• _Your task_: In the data below, how many lines contain the string "inside"? Give only the number.

• _Raw data_:
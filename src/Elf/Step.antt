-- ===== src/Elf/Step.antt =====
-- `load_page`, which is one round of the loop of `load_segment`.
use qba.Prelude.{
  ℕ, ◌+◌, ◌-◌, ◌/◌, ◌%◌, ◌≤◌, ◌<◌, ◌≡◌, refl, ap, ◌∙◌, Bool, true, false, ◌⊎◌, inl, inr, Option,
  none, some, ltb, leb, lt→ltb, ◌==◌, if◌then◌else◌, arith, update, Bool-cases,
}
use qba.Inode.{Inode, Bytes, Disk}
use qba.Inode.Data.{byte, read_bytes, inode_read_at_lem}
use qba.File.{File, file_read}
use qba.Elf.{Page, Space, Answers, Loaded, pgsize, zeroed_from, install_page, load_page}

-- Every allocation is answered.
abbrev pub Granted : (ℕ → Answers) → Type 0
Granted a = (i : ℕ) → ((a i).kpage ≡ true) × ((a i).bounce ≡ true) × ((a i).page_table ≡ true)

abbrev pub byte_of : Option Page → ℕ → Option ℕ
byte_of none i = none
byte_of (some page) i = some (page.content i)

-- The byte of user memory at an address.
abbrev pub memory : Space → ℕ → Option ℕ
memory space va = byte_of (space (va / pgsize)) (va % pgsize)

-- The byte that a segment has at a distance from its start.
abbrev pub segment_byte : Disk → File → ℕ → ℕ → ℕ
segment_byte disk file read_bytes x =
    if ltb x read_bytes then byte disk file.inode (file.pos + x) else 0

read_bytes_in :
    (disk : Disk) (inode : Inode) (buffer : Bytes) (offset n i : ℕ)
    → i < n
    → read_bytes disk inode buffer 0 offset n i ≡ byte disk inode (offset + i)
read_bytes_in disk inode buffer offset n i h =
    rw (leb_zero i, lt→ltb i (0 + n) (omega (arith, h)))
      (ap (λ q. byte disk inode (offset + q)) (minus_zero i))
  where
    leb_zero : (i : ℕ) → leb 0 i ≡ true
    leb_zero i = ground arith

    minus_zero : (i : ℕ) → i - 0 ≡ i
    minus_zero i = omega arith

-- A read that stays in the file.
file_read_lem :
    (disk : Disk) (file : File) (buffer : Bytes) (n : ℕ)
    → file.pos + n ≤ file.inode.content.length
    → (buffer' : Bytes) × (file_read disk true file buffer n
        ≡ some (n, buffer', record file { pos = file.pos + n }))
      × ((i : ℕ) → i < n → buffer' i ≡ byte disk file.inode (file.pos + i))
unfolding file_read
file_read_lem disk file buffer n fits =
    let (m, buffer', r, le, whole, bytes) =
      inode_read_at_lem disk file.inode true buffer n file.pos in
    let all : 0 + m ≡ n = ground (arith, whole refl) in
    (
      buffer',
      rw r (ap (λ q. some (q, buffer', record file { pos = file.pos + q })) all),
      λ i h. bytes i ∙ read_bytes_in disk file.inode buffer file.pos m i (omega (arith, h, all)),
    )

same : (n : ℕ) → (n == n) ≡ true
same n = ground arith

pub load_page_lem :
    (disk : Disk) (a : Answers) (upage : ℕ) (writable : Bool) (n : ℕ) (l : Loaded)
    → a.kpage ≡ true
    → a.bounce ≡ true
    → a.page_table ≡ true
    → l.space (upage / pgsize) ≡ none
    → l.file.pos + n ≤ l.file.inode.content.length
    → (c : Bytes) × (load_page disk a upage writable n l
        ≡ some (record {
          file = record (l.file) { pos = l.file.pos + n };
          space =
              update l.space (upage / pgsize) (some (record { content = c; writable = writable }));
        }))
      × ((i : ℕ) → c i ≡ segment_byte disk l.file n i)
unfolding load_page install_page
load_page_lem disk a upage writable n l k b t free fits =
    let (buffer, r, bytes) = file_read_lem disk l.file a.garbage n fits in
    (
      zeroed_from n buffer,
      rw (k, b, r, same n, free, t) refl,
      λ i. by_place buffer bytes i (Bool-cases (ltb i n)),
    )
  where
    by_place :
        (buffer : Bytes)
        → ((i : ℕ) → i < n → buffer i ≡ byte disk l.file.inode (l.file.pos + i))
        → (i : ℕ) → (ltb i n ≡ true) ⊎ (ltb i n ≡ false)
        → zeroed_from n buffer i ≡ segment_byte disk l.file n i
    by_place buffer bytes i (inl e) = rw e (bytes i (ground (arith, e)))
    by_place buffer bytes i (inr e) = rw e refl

* * *

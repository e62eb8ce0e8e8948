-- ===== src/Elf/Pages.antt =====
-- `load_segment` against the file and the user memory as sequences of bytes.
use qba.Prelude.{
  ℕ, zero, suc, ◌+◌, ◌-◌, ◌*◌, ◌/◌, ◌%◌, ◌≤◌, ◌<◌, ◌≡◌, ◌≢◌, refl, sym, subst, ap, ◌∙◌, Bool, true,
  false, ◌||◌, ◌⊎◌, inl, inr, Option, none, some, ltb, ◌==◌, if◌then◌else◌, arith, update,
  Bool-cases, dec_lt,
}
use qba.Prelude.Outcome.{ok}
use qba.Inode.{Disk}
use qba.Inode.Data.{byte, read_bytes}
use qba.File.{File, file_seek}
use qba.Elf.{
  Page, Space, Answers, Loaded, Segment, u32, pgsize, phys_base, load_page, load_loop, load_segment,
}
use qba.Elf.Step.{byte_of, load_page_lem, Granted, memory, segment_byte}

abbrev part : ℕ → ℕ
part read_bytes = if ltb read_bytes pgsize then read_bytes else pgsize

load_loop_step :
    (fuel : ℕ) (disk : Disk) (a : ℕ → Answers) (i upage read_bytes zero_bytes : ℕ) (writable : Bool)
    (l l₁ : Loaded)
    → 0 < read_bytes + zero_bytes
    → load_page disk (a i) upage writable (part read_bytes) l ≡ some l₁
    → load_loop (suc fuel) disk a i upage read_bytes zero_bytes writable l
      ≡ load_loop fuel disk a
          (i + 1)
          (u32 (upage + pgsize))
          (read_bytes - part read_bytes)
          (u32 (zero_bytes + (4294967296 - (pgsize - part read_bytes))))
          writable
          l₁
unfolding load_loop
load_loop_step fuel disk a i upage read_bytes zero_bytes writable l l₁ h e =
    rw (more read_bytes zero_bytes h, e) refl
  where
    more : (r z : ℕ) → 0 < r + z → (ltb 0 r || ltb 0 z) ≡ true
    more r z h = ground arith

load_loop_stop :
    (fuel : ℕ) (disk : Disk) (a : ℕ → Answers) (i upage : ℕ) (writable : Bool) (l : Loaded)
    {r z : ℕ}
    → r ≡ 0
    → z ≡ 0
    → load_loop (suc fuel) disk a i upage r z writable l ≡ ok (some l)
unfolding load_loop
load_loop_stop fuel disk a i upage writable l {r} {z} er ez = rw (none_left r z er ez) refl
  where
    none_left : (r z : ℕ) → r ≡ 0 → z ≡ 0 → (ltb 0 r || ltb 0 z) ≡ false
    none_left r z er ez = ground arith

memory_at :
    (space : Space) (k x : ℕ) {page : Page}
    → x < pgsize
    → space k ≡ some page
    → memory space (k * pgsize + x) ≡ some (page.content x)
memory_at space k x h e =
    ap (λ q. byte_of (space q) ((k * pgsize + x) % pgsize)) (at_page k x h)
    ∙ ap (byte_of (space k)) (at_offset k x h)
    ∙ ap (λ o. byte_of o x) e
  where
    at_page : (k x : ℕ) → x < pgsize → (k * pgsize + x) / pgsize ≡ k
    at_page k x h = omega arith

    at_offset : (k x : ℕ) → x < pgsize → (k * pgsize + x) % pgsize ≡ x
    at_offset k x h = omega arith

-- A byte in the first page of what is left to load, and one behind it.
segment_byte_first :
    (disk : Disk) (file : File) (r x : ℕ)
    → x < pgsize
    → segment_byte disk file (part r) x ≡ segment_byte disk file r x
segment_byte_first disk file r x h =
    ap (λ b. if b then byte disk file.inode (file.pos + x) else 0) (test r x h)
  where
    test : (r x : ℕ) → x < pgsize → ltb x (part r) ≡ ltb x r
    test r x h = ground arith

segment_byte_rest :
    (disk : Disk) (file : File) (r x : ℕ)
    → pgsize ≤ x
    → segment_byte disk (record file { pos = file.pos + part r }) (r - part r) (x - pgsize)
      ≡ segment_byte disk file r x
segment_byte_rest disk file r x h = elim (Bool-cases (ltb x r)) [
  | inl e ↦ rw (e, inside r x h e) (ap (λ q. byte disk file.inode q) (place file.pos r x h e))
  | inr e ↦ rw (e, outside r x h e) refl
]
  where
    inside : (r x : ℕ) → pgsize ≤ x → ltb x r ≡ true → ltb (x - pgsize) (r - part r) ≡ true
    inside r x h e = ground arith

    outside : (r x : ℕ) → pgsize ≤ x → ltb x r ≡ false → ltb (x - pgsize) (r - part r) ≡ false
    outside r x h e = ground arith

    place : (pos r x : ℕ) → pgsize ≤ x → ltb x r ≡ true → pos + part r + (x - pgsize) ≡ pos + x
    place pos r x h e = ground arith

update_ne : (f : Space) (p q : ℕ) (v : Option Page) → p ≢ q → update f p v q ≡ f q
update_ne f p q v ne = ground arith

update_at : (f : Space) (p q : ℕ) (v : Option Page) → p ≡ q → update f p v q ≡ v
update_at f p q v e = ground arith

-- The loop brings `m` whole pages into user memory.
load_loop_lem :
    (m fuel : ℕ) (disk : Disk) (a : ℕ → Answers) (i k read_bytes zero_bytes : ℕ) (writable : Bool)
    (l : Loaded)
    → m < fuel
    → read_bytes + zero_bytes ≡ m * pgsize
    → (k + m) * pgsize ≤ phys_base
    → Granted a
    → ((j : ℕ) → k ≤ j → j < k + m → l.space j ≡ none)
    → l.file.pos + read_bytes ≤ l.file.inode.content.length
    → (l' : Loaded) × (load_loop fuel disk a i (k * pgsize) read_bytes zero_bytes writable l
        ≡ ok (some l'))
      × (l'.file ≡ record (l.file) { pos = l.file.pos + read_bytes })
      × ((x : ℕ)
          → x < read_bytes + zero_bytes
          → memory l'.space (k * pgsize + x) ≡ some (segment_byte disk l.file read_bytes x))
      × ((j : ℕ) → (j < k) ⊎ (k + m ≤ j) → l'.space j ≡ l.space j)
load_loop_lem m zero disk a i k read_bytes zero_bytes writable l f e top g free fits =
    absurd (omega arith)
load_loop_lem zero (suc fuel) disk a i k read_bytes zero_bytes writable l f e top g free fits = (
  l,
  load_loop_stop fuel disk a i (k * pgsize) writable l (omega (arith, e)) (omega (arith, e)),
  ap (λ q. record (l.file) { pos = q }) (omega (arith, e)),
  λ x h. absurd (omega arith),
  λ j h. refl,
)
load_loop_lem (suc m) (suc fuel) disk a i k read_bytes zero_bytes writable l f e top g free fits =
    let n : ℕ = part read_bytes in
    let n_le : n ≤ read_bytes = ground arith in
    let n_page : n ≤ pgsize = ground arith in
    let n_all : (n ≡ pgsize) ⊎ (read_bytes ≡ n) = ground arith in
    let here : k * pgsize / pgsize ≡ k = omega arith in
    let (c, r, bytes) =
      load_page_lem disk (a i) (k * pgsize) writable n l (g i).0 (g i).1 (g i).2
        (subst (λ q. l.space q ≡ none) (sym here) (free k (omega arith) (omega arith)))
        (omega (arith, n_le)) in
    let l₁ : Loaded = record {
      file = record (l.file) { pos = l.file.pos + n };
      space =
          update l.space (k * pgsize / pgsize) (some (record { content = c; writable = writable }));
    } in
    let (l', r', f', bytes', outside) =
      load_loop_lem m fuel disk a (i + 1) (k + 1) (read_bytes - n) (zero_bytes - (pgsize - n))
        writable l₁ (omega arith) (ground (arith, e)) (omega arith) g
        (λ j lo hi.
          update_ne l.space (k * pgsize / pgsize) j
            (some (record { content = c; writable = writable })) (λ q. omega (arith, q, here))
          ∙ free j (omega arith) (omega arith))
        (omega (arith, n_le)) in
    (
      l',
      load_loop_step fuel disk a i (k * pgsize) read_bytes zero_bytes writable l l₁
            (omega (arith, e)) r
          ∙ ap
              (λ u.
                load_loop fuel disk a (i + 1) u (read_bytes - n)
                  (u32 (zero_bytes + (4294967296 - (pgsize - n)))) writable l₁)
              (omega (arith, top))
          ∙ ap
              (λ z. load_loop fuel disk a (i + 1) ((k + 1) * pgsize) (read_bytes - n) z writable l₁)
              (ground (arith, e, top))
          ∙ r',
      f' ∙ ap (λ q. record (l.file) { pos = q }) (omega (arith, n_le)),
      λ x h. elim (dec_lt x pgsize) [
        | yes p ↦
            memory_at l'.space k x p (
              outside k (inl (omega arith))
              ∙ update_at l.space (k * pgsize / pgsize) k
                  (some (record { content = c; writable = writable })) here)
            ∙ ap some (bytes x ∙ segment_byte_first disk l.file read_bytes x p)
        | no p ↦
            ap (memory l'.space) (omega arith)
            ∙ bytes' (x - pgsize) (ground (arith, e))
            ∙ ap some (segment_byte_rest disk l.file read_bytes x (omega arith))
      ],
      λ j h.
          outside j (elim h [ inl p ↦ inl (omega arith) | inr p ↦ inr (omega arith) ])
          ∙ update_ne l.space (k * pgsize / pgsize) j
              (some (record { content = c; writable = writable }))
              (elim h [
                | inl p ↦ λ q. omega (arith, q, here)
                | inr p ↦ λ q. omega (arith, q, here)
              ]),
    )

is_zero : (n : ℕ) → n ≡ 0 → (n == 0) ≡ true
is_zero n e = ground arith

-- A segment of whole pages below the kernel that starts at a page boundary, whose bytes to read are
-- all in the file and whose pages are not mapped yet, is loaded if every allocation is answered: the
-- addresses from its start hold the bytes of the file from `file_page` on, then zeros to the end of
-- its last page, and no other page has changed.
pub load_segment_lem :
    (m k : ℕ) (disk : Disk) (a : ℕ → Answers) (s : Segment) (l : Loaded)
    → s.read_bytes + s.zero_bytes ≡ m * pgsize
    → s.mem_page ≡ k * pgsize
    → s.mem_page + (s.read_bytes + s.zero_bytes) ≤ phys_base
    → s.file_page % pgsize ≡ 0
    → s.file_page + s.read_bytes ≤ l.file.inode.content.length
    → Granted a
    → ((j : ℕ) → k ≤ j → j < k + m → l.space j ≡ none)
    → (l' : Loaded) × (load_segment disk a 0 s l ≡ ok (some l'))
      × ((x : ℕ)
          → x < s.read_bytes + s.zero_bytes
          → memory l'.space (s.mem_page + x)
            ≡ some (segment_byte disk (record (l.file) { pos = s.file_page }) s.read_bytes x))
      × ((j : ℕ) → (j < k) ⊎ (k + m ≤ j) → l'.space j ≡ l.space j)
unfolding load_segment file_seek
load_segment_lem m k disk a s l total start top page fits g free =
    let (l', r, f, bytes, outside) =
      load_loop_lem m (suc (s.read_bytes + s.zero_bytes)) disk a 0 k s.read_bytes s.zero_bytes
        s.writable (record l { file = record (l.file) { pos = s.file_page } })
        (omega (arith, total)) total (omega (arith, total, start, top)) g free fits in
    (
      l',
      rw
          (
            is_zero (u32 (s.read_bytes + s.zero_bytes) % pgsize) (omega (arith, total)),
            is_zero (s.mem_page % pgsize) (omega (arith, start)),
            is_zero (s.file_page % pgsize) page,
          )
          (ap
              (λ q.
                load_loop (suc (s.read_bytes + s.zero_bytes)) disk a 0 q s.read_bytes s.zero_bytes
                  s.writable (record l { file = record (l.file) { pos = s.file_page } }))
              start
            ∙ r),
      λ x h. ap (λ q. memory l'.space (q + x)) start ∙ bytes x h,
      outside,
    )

• _Solution to the exercise_: 3